# [EXERCISE BRIEF]
The reply should consist of the entire listing, word for word.

RECORDS SHOWN START

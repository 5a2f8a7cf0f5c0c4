-- ===== src/Transaction/Commit.antt =====
-- What a commit makes of the database: what the transaction saw in its own buffer, on top of what was there.
use lightkv.Prelude.{
  ℕ, ◌≡◌, ◌⊎◌, inl, inr, refl, sym, ap, ◌∙◌, arith, true, false, Bool-cases, Option, Option-cases,
  none, some, List, [], ◌∷◌, ◌++◌, bytes_eq, bytes_eq_iff,
}
use lightkv.Engine.{Status, is_ok}
use lightkv.Transaction.{
  Store, WriteOp, op_key, op_value, Transaction, last_write, buffered, get_with, get, apply,
  commit_loop, commit,
}

-- What a store promises: from a good state in which a write fits, a write that answers ok leads to a good
-- state that answers its key with what was written and every other key as before.
pub record IsStore {S : Type 0} (store : Store S) : Type 1 where
  pub IsGood : S → Type 0
  pub Fits : WriteOp → S → Type 0
  pub apply_good :
      (op : WriteOp) (s : S)
      → IsGood s
      → Fits op s
      → (apply store op s).0 ≡ Status.ok
      → IsGood (apply store op s).1
  pub apply_own :
      (op : WriteOp) (s : S)
      → IsGood s
      → Fits op s
      → (apply store op s).0 ≡ Status.ok
      → (store.get 0 (op_key op) (apply store op s).1).0 ≡ buffered (op_value op)
  pub apply_other :
      (op : WriteOp) (s : S) (key : List ℕ) (r : Option (List ℕ))
      → IsGood s
      → Fits op s
      → (apply store op s).0 ≡ Status.ok
      → bytes_eq (op_key op) key ≡ false
      → (store.get 0 key s).0 ≡ buffered r
      → (store.get 0 key (apply store op s).1).0 ≡ buffered r

ok_status : (s : Status) → is_ok s ≡ true → s ≡ Status.ok
ok_status s h = ground arith

failed_status : (s : Status) → is_ok s ≡ false → s ≡ Status.ok → ⊥
failed_status s h e = ground arith

module _ {S : Type 0} (store : Store S) (laws : IsStore store) where
  -- Each write fits the state that the ones before it lead to.
  unfoldable pub FitAll : List WriteOp → S → Type 0
  FitAll [] s = Unit
  FitAll (op ∷ ops) s = laws.Fits op s × FitAll ops (apply store op s).1

  loop_head :
      (op : WriteOp) (ops : List WriteOp) (s : S)
      → (commit_loop store (op ∷ ops) s).0 ≡ Status.ok
      → ((apply store op s).0 ≡ Status.ok)
        × (commit_loop store (op ∷ ops) s ≡ commit_loop store ops (apply store op s).1)
  unfolding commit_loop
  loop_head op ops s e = elim (Bool-cases (is_ok (apply store op s).0)) [
    | inl went ↦ (ok_status (apply store op s).0 went, rw went refl)
    | inr stopped ↦ absurd (failed_status (apply store op s).0 stopped (rw stopped at e))
  ]

  -- The loop of Commit leaves each key as the buffer on top of the state before it had it.
  loop_reads :
      (ops : List WriteOp) (s : S) (key : List ℕ) (r : Option (List ℕ))
      → laws.IsGood s
      → FitAll ops s
      → (commit_loop store ops s).0 ≡ Status.ok
      → (get_with store 0 key (last_write key ops) s).0 ≡ buffered r
      → (store.get 0 key (commit_loop store ops s).1).0 ≡ buffered r
  unfolding commit_loop get_with last_write FitAll
  loop_reads [] s key r good fit ok e = e
  loop_reads (op ∷ ops) s key r good fit ok e =
      let (went, same) = loop_head op ops s ok in
      let s1 = (apply store op s).1 in
      let better = laws.apply_good op s good fit.0 went in
      let rest : (get_with store 0 key (last_write key ops) s1).0 ≡ buffered r
          → (store.get 0 key (commit_loop store ops s1).1).0 ≡ buffered r =
        loop_reads ops s1 key r better fit.1 (ap (λ p. p.0) (sym same) ∙ ok) in
      ap (λ p. (store.get 0 key p.1).0) same
      ∙ rest (elim (Option-cases (last_write key ops)) [
        | inr (x, later) ↦ rw (later, get_with) (rw later at e)
        | inl none_later ↦
            rw (none_later, get_with)
              (elim (Bool-cases (bytes_eq (op_key op) key)) [
                | inl own ↦
                    let this = (bytes_eq_iff (op_key op) key).0 own in
                    ap (λ k. (store.get 0 k s1).0) (sym this)
                    ∙ laws.apply_own op s good fit.0 went
                    ∙ rw own at (rw none_later at e)
                | inr other ↦
                    laws.apply_other op s key r good fit.0 went other
                      (rw other at (rw none_later at e))
              ])
      ])

  newest :
      (snapshot : ℕ) (s : S) (key : List ℕ) (w : Option (Option (List ℕ)))
      → (store.get snapshot key s).0 ≡ (store.get 0 key s).0
      → (get_with store snapshot key w s).0 ≡ (get_with store 0 key w s).0
  unfolding get_with
  newest snapshot s key none same = same
  newest snapshot s key (some x) same = refl

  -- A Commit that answers ok leaves every key as the transaction's own Get answered it before, where
  -- nothing was written since its snapshot: the last write of the buffer, or what was there. Each write of
  -- the buffer fits the state that the ones before it lead to.
  pub commit-get :
      (t : Transaction) (s : S) (key : List ℕ) (r : Option (List ℕ))
      → laws.IsGood s
      → FitAll t.write_buf s
      → t.committed ≡ false
      → (store.get t.snapshot_seq key s).0 ≡ (store.get 0 key s).0
      → (commit store t s).0.0 ≡ Status.ok
      → (get store key t s).0 ≡ buffered r
      → (store.get 0 key (commit store t s).1).0 ≡ buffered r
  unfolding commit get
  commit-get t s key r good fit active current ok e = rw active (
      loop_reads t.write_buf s key r good fit (rw active at ok)
        (sym (newest t.snapshot_seq s key (last_write key t.write_buf) current) ∙ rw active at e))

-- A run of Commit's loop that stopped at a write that failed.
pub record StopsAt {S : Type 0} (store : Store S) (ops : List WriteOp) (s : S) (end : Status × S)
    : Type 0 where
  pub before : List WriteOp
  pub op : WriteOp
  pub after : List WriteOp
  pub split : ops ≡ before ++ op ∷ after
  pub before_ok : (commit_loop store before s).0 ≡ Status.ok
  pub refused : is_ok end.0 ≡ false
  pub last : apply store op (commit_loop store before s).1 ≡ end

loop_stops :
    {S : Type 0} (store : Store S) (ops : List WriteOp) (s : S)
    → ((commit_loop store ops s).0 ≡ Status.ok) ⊎ StopsAt store ops s (commit_loop store ops s)
unfolding commit_loop
loop_stops store [] s = inl refl
loop_stops store (op ∷ ops) s = elim (Bool-cases (is_ok (apply store op s).0)) [
  | inr stopped ↦ inr (record {
    before = [];
    op = op;
    after = ops;
    split = refl;
    before_ok = refl;
    refused = rw stopped stopped;
    last = rw stopped refl;
  })
  | inl went ↦ elim (loop_stops store ops (apply store op s).1) [
    | inl ok ↦ inl (rw went ok)
    | inr at_op ↦ inr (record {
      before = op ∷ at_op.before;
      op = at_op.op;
      after = at_op.after;
      split = ap (λ l. op ∷ l) at_op.split;
      before_ok = rw went at_op.before_ok;
      refused = rw went at_op.refused;
      last = rw went at_op.last;
    })
  ]
]

-- A Commit answers ok, or it ran the writes of the buffer up to the first that failed, that one included,
-- and none behind it, and answers what that write did; the transaction is closed and its buffer empty
-- either way.
pub commit_stops :
    {S : Type 0} (store : Store S) (t : Transaction) (s : S)
    → t.committed ≡ false
    → ((commit store t s).0.1 ≡ record t { committed = true; write_buf = [] })
      × (((commit store t s).0.0 ≡ Status.ok)
          ⊎ StopsAt store t.write_buf s ((commit store t s).0.0, (commit store t s).1))
unfolding commit
commit_stops store t s active = rw active (refl, loop_stops store t.write_buf s)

RECORDS SHOWN END

# [TASK RESULT]
repository 5a2f8a7cf0f5c0c4
-- ===== src/Transaction/Commit.antt =====
-- What a commit makes of the database: what the transaction saw in its own buffer, on top of what was there.
use lightkv.Prelude.{
  ℕ, ◌≡◌, ◌⊎◌, inl, inr, refl, sym, ap, ◌∙◌, arith, true, false, Bool-cases, Option, Option-cases,
  none, some, List, [], ◌∷◌, ◌++◌, bytes_eq, bytes_eq_iff,
}
use lightkv.Engine.{Status, is_ok}
use lightkv.Transaction.{
  Store, WriteOp, op_key, op_value, Transaction, last_write, buffered, get_with, get, apply,
  commit_loop, commit,
}

-- What a store promises: from a good state in which a write fits, a write that answers ok leads to a good
-- state that answers its key with what was written and every other key as before.
pub record IsStore {S : Type 0} (store : Store S) : Type 1 where
  pub IsGood : S → Type 0
  pub Fits : WriteOp → S → Type 0
  pub apply_good :
      (op : WriteOp) (s : S)
      → IsGood s
      → Fits op s
      → (apply store op s).0 ≡ Status.ok
      → IsGood (apply store op s).1
  pub apply_own :
      (op : WriteOp) (s : S)
      → IsGood s
      → Fits op s
      → (apply store op s).0 ≡ Status.ok
      → (store.get 0 (op_key op) (apply store op s).1).0 ≡ buffered (op_value op)
  pub apply_other :
      (op : WriteOp) (s : S) (key : List ℕ) (r : Option (List ℕ))
      → IsGood s
      → Fits op s
      → (apply store op s).0 ≡ Status.ok
      → bytes_eq (op_key op) key ≡ false
      → (store.get 0 key s).0 ≡ buffered r
      → (store.get 0 key (apply store op s).1).0 ≡ buffered r

ok_status : (s : Status) → is_ok s ≡ true → s ≡ Status.ok
ok_status s h = ground arith

failed_status : (s : Status) → is_ok s ≡ false → s ≡ Status.ok → ⊥
failed_status s h e = ground arith

module _ {S : Type 0} (store : Store S) (laws : IsStore store) where
  -- Each write fits the state that the ones before it lead to.
  unfoldable pub FitAll : List WriteOp → S → Type 0
  FitAll [] s = Unit
  FitAll (op ∷ ops) s = laws.Fits op s × FitAll ops (apply store op s).1

  loop_head :
      (op : WriteOp) (ops : List WriteOp) (s : S)
      → (commit_loop store (op ∷ ops) s).0 ≡ Status.ok
      → ((apply store op s).0 ≡ Status.ok)
        × (commit_loop store (op ∷ ops) s ≡ commit_loop store ops (apply store op s).1)
  unfolding commit_loop
  loop_head op ops s e = elim (Bool-cases (is_ok (apply store op s).0)) [
    | inl went ↦ (ok_status (apply store op s).0 went, rw went refl)
    | inr stopped ↦ absurd (failed_status (apply store op s).0 stopped (rw stopped at e))
  ]

  -- The loop of Commit leaves each key as the buffer on top of the state before it had it.
  loop_reads :
      (ops : List WriteOp) (s : S) (key : List ℕ) (r : Option (List ℕ))
      → laws.IsGood s
      → FitAll ops s
      → (commit_loop store ops s).0 ≡ Status.ok
      → (get_with store 0 key (last_write key ops) s).0 ≡ buffered r
      → (store.get 0 key (commit_loop store ops s).1).0 ≡ buffered r
  unfolding commit_loop get_with last_write FitAll
  loop_reads [] s key r good fit ok e = e
  loop_reads (op ∷ ops) s key r good fit ok e =
      let (went, same) = loop_head op ops s ok in
      let s1 = (apply store op s).1 in
      let better = laws.apply_good op s good fit.0 went in
      let rest : (get_with store 0 key (last_write key ops) s1).0 ≡ buffered r
          → (store.get 0 key (commit_loop store ops s1).1).0 ≡ buffered r =
        loop_reads ops s1 key r better fit.1 (ap (λ p. p.0) (sym same) ∙ ok) in
      ap (λ p. (store.get 0 key p.1).0) same
      ∙ rest (elim (Option-cases (last_write key ops)) [
        | inr (x, later) ↦ rw (later, get_with) (rw later at e)
        | inl none_later ↦
            rw (none_later, get_with)
              (elim (Bool-cases (bytes_eq (op_key op) key)) [
                | inl own ↦
                    let this = (bytes_eq_iff (op_key op) key).0 own in
                    ap (λ k. (store.get 0 k s1).0) (sym this)
                    ∙ laws.apply_own op s good fit.0 went
                    ∙ rw own at (rw none_later at e)
                | inr other ↦
                    laws.apply_other op s key r good fit.0 went other
                      (rw other at (rw none_later at e))
              ])
      ])

  newest :
      (snapshot : ℕ) (s : S) (key : List ℕ) (w : Option (Option (List ℕ)))
      → (store.get snapshot key s).0 ≡ (store.get 0 key s).0
      → (get_with store snapshot key w s).0 ≡ (get_with store 0 key w s).0
  unfolding get_with
  newest snapshot s key none same = same
  newest snapshot s key (some x) same = refl

  -- A Commit that answers ok leaves every key as the transaction's own Get answered it before, where
  -- nothing was written since its snapshot: the last write of the buffer, or what was there. Each write of
  -- the buffer fits the state that the ones before it lead to.
  pub commit-get :
      (t : Transaction) (s : S) (key : List ℕ) (r : Option (List ℕ))
      → laws.IsGood s
      → FitAll t.write_buf s
      → t.committed ≡ false
      → (store.get t.snapshot_seq key s).0 ≡ (store.get 0 key s).0
      → (commit store t s).0.0 ≡ Status.ok
      → (get store key t s).0 ≡ buffered r
      → (store.get 0 key (commit store t s).1).0 ≡ buffered r
  unfolding commit get
  commit-get t s key r good fit active current ok e = rw active (
      loop_reads t.write_buf s key r good fit (rw active at ok)
        (sym (newest t.snapshot_seq s key (last_write key t.write_buf) current) ∙ rw active at e))

-- A run of Commit's loop that stopped at a write that failed.
pub record StopsAt {S : Type 0} (store : Store S) (ops : List WriteOp) (s : S) (end : Status × S)
    : Type 0 where
  pub before : List WriteOp
  pub op : WriteOp
  pub after : List WriteOp
  pub split : ops ≡ before ++ op ∷ after
  pub before_ok : (commit_loop store before s).0 ≡ Status.ok
  pub refused : is_ok end.0 ≡ false
  pub last : apply store op (commit_loop store before s).1 ≡ end

loop_stops :
    {S : Type 0} (store : Store S) (ops : List WriteOp) (s : S)
    → ((commit_loop store ops s).0 ≡ Status.ok) ⊎ StopsAt store ops s (commit_loop store ops s)
unfolding commit_loop
loop_stops store [] s = inl refl
loop_stops store (op ∷ ops) s = elim (Bool-cases (is_ok (apply store op s).0)) [
  | inr stopped ↦ inr (record {
    before = [];
    op = op;
    after = ops;
    split = refl;
    before_ok = refl;
    refused = rw stopped stopped;
    last = rw stopped refl;
  })
  | inl went ↦ elim (loop_stops store ops (apply store op s).1) [
    | inl ok ↦ inl (rw went ok)
    | inr at_op ↦ inr (record {
      before = op ∷ at_op.before;
      op = at_op.op;
      after = at_op.after;
      split = ap (λ l. op ∷ l) at_op.split;
      before_ok = rw went at_op.before_ok;
      refused = rw went at_op.refused;
      last = rw went at_op.last;
    })
  ]
]

-- A Commit answers ok, or it ran the writes of the buffer up to the first that failed, that one included,
-- and none behind it, and answers what that write did; the transaction is closed and its buffer empty
-- either way.
pub commit_stops :
    {S : Type 0} (store : Store S) (t : Transaction) (s : S)
    → t.committed ≡ false
    → ((commit store t s).0.1 ≡ record t { committed = true; write_buf = [] })
      × (((commit store t s).0.0 ≡ Status.ok)
          ⊎ StopsAt store t.write_buf s ((commit store t s).0.0, (commit store t s).1))
unfolding commit
commit_stops store t s active = rw active (refl, loop_stops store t.write_buf s)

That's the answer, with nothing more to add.